Material for this task START

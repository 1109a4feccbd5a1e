-- ===== src/ChatOutbox/Operations/Reading.antt =====
-- What `readAllUnlocked` finds in the storage: mobile/src/shared/lib/chatOutbox.ts.
use etkin_link.Base.{
  ◌≡◌, ◌≢◌, refl, sym, ◌∙◌, ap, false, List, [], ◌∷◌, Option, none, some, ◌⊎◌, inl, inr,
}
use etkin_link.Int.{ℤ}
use etkin_link.Text.{Str}
use etkin_link.Text.Laws.{str_eq_refl}
use etkin_link.Effect.Hoare.{Hoare, Hoare-pure, Hoare-bind, Hoare-given, Hoare-fact, Hoare-either}
use etkin_link.ChatOutbox.Message.{OutboxMessage, Device, serialize, parse_messages}
use etkin_link.ChatOutbox.Message.Laws.{
  IsJson, IsStorable, parse_messages-serialize, parse_messages-none,
}
use etkin_link.ChatOutbox.Storage.{
  main, backup, Storage, Slots, IsKeychain, read_item-Rule, write_item-Rule, delete_item-Rule,
  read_clock-Rule,
}
use etkin_link.ChatOutbox.Operations.{
  differs, parse_now, use_backup, rewrite_if, use_main, read_all_unlocked,
}
use etkin_link.ChatOutbox.Operations.Writing.{stored}

-- The storage holds these messages: they can be stored at each time that the clock may show, and they
-- are the main entry, whatever the backup is.
pub record Holds (device : Device) (T : ℤ → Type 0) (ms : List OutboxMessage) (s : Slots)
    : Type 0 where
  pub text : s.main_text ≡ stored device ms
  pub storable : (now : ℤ) → T now → IsStorable device now ms

-- The main entry cannot be read, and the backup has the messages.
pub record Damaged (device : Device) (T : ℤ → Type 0) (ms : List OutboxMessage) (s : Slots)
    : Type 0 where
  pub unreadable : (now : ℤ) → T now → parse_messages device now s.main_text ≡ none
  pub text : s.backup_text ≡ stored device ms
  pub storable : (now : ℤ) → T now → IsStorable device now ms
  pub filled : ms ≢ []

-- The backup has the messages, whatever the main entry is.
pub record Backed (device : Device) (T : ℤ → Type 0) (ms : List OutboxMessage) (s : Slots)
    : Type 0 where
  pub text : s.backup_text ≡ stored device ms
  pub storable : (now : ℤ) → T now → IsStorable device now ms

abbrev pub Kept : Device → (ℤ → Type 0) → List OutboxMessage → Slots → Type 0
Kept device T ms s = Holds device T ms s ⊎ Backed device T ms s

abbrev pub Recoverable : Device → (ℤ → Type 0) → List OutboxMessage → Slots → Type 0
Recoverable device T ms s = Holds device T ms s ⊎ Damaged device T ms s

differs_self : (text : Str) → differs text (some text) ≡ false
unfolding differs
differs_self [] = refl
differs_self (c ∷ text) = rw (str_eq_refl (c ∷ text))

differs-stored :
    (device : Device) (ms : List OutboxMessage)
    → differs (serialize device ms) (stored device ms) ≡ false
unfolding differs
differs-stored device [] = refl
differs-stored device (m ∷ ms) = differs_self (serialize device (m ∷ ms))

parse_messages-stored :
    (device : Device)
    → IsJson device
    → (now : ℤ) (ms : List OutboxMessage) → IsStorable device now ms
    → parse_messages device now (stored device ms) ≡ some ms
parse_messages-stored device json now [] h = parse_messages-none device now
parse_messages-stored device json now (m ∷ ms) h =
    parse_messages-serialize device json now (m ∷ ms) h

module _ {W : Type 0} {storage : Storage W} {slots : W → Slots} {T : ℤ → Type 0}
    (keychain : IsKeychain storage slots T) (device : Device) where
  parse_now-Rule :
      {Pre Stop : Slots → Type 0} (raw : Option Str)
      (Q : Option (List OutboxMessage) → Slots → Type 0)
      → ((now : ℤ) (s : Slots) → T now → Pre s → Q (parse_messages device now raw) s)
      → Hoare slots Pre Q (λ _ s. Stop s) (parse_now storage device raw)
  unfolding parse_now
  parse_now-Rule raw Q h =
      Hoare-bind _ _ _ (read_clock-Rule keychain)
        (λ now. Hoare-pure (parse_messages device now raw) (λ s p. h now s p.0 p.1))

  module _ (json : IsJson device) (ms : List OutboxMessage) where
    use_backup-Rule :
        (recovered : List OutboxMessage)
        → recovered ≡ ms
        → Hoare slots
            (λ s. Damaged device T ms s)
            (λ r s. (r ≡ ms) × Holds device T ms s)
            (λ _ s. Kept device T ms s)
            (use_backup storage device (some recovered))
    unfolding use_backup
    use_backup-Rule [] e = Hoare-given _ (λ s d. absurd (d.filled (sym e)))
    use_backup-Rule (m ∷ rest) e =
        Hoare-bind (λ _ s. Holds device T ms s) _ _
          (write_item-Rule keychain main (serialize device (m ∷ rest)) (λ s. Holds device T ms s)
            (λ s d left. inr (record { text = d.text; storable = d.storable }))
            (λ s d. record { text = ap (stored device) e; storable = d.storable }))
          (λ _.
            Hoare-bind (λ _ s. Holds device T ms s) _ _
              (delete_item-Rule keychain backup (λ s. Holds device T ms s)
                (λ s h left. inl (record { text = h.text; storable = h.storable }))
                (λ s h. record { text = h.text; storable = h.storable }))
              (λ _. Hoare-pure (m ∷ rest) (λ s h. (e, h))))

    use_main-Holds :
        (raw : Option Str) (parsed : Option (List OutboxMessage))
        → raw ≡ stored device ms
        → parsed ≡ some ms
        → Hoare slots
            (λ s. Holds device T ms s)
            (λ r s. (r ≡ ms) × Holds device T ms s)
            (λ _ s. Kept device T ms s)
            (use_main storage device raw parsed)
    unfolding use_main rewrite_if
    use_main-Holds raw parsed e1 e2 =
        rw (e1, e2, differs-stored device ms)
          (Hoare-bind (λ _ s. Holds device T ms s) _ _ (Hoare-pure tt (λ s h. h))
            (λ _. Hoare-pure ms (λ s h. (refl, h))))

    use_main-Damaged :
        (raw : Option Str) (parsed : Option (List OutboxMessage))
        → parsed ≡ none
        → Hoare slots
            (λ s. Damaged device T ms s)
            (λ r s. (r ≡ ms) × Holds device T ms s)
            (λ _ s. Kept device T ms s)
            (use_main storage device raw parsed)
    unfolding use_main
    use_main-Damaged raw parsed e = rw e (
        Hoare-bind (λ text s. (text ≡ s.backup_text) × Damaged device T ms s) _ _
          (read_item-Rule keychain backup
            (λ s d. inr (record { text = d.text; storable = d.storable })))
          (λ text.
            Hoare-bind (λ r s. (r ≡ some ms) × Damaged device T ms s) _ _
              (parse_now-Rule text (λ r s. (r ≡ some ms) × Damaged device T ms s)
                (λ now s t p. (
                  rw (p.0 ∙ p.1.text)
                      (parse_messages-stored device json now ms (p.1.storable now t)),
                  p.1,
                )))
              (λ recovered. Hoare-fact _ _ (λ found. rw found (use_backup-Rule ms refl)))))

    kept : (s : Slots) → Recoverable device T ms s → Kept device T ms s
    kept s (inl h) = inl h
    kept s (inr d) = inr (record { text = d.text; storable = d.storable })

    Parsed : Option Str → Option (List OutboxMessage) → Slots → Type 0
    Parsed raw parsed s =
        (((raw ≡ stored device ms) × (parsed ≡ some ms)) × Holds device T ms s)
        ⊎ ((parsed ≡ none) × Damaged device T ms s)

    Parsed-main :
        (now : ℤ) (s : Slots) (raw : Option Str)
        → T now
        → raw ≡ s.main_text
        → Recoverable device T ms s
        → Parsed raw (parse_messages device now raw) s
    unfolding Parsed
    Parsed-main now s raw t e (inl h) =
        let e' : raw ≡ stored device ms = e ∙ h.text in
        inl ((e', rw e' (parse_messages-stored device json now ms (h.storable now t))), h)
    Parsed-main now s raw t e (inr d) = inr (rw e (d.unreadable now t), d)

    -- If the main entry has at most 40 messages, none older than a week at any time the clock may show,
    -- or cannot be read and the backup has such messages, one at least, reading finds them, and
    -- afterwards the main entry has them. Where a rejected call stops the reading, the main entry or the
    -- backup has them. A rejected call may leave anything in its own entry.
    pub read_all_unlocked-Hoare :
        Hoare slots
          (λ s. Recoverable device T ms s)
          (λ r s. (r ≡ ms) × Holds device T ms s)
          (λ _ s. Kept device T ms s)
          (read_all_unlocked storage device)
    unfolding read_all_unlocked Parsed
    read_all_unlocked-Hoare =
        Hoare-bind (λ raw s. (raw ≡ s.main_text) × Recoverable device T ms s) _ _
          (read_item-Rule keychain main (λ s r. kept s r))
          (λ raw.
            Hoare-bind (λ parsed s. Parsed raw parsed s) _ _
              (parse_now-Rule raw (λ parsed s. Parsed raw parsed s)
                (λ now s t p. Parsed-main now s raw t p.0 p.1))
              (λ parsed.
                Hoare-either _ (Hoare-fact _ _ (λ f. use_main-Holds raw parsed f.0 f.1))
                  (Hoare-fact _ _ (λ f. use_main-Damaged raw parsed f))))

Material for this task END

All that is wanted is the stretch of lines above from the one containing "Recoverable device T ms s = Holds" through the one containing "differs-stored device [] = refl", duplicated exactly.

Problem solution:
Recoverable device T ms s = Holds device T ms s ⊎ Damaged device T ms s

differs_self : (text : Str) → differs text (some text) ≡ false
unfolding differs
differs_self [] = refl
differs_self (c ∷ text) = rw (str_eq_refl (c ∷ text))

differs-stored :
    (device : Device) (ms : List OutboxMessage)
    → differs (serialize device ms) (stored device ms) ≡ false
unfolding differs
differs-stored device [] = refl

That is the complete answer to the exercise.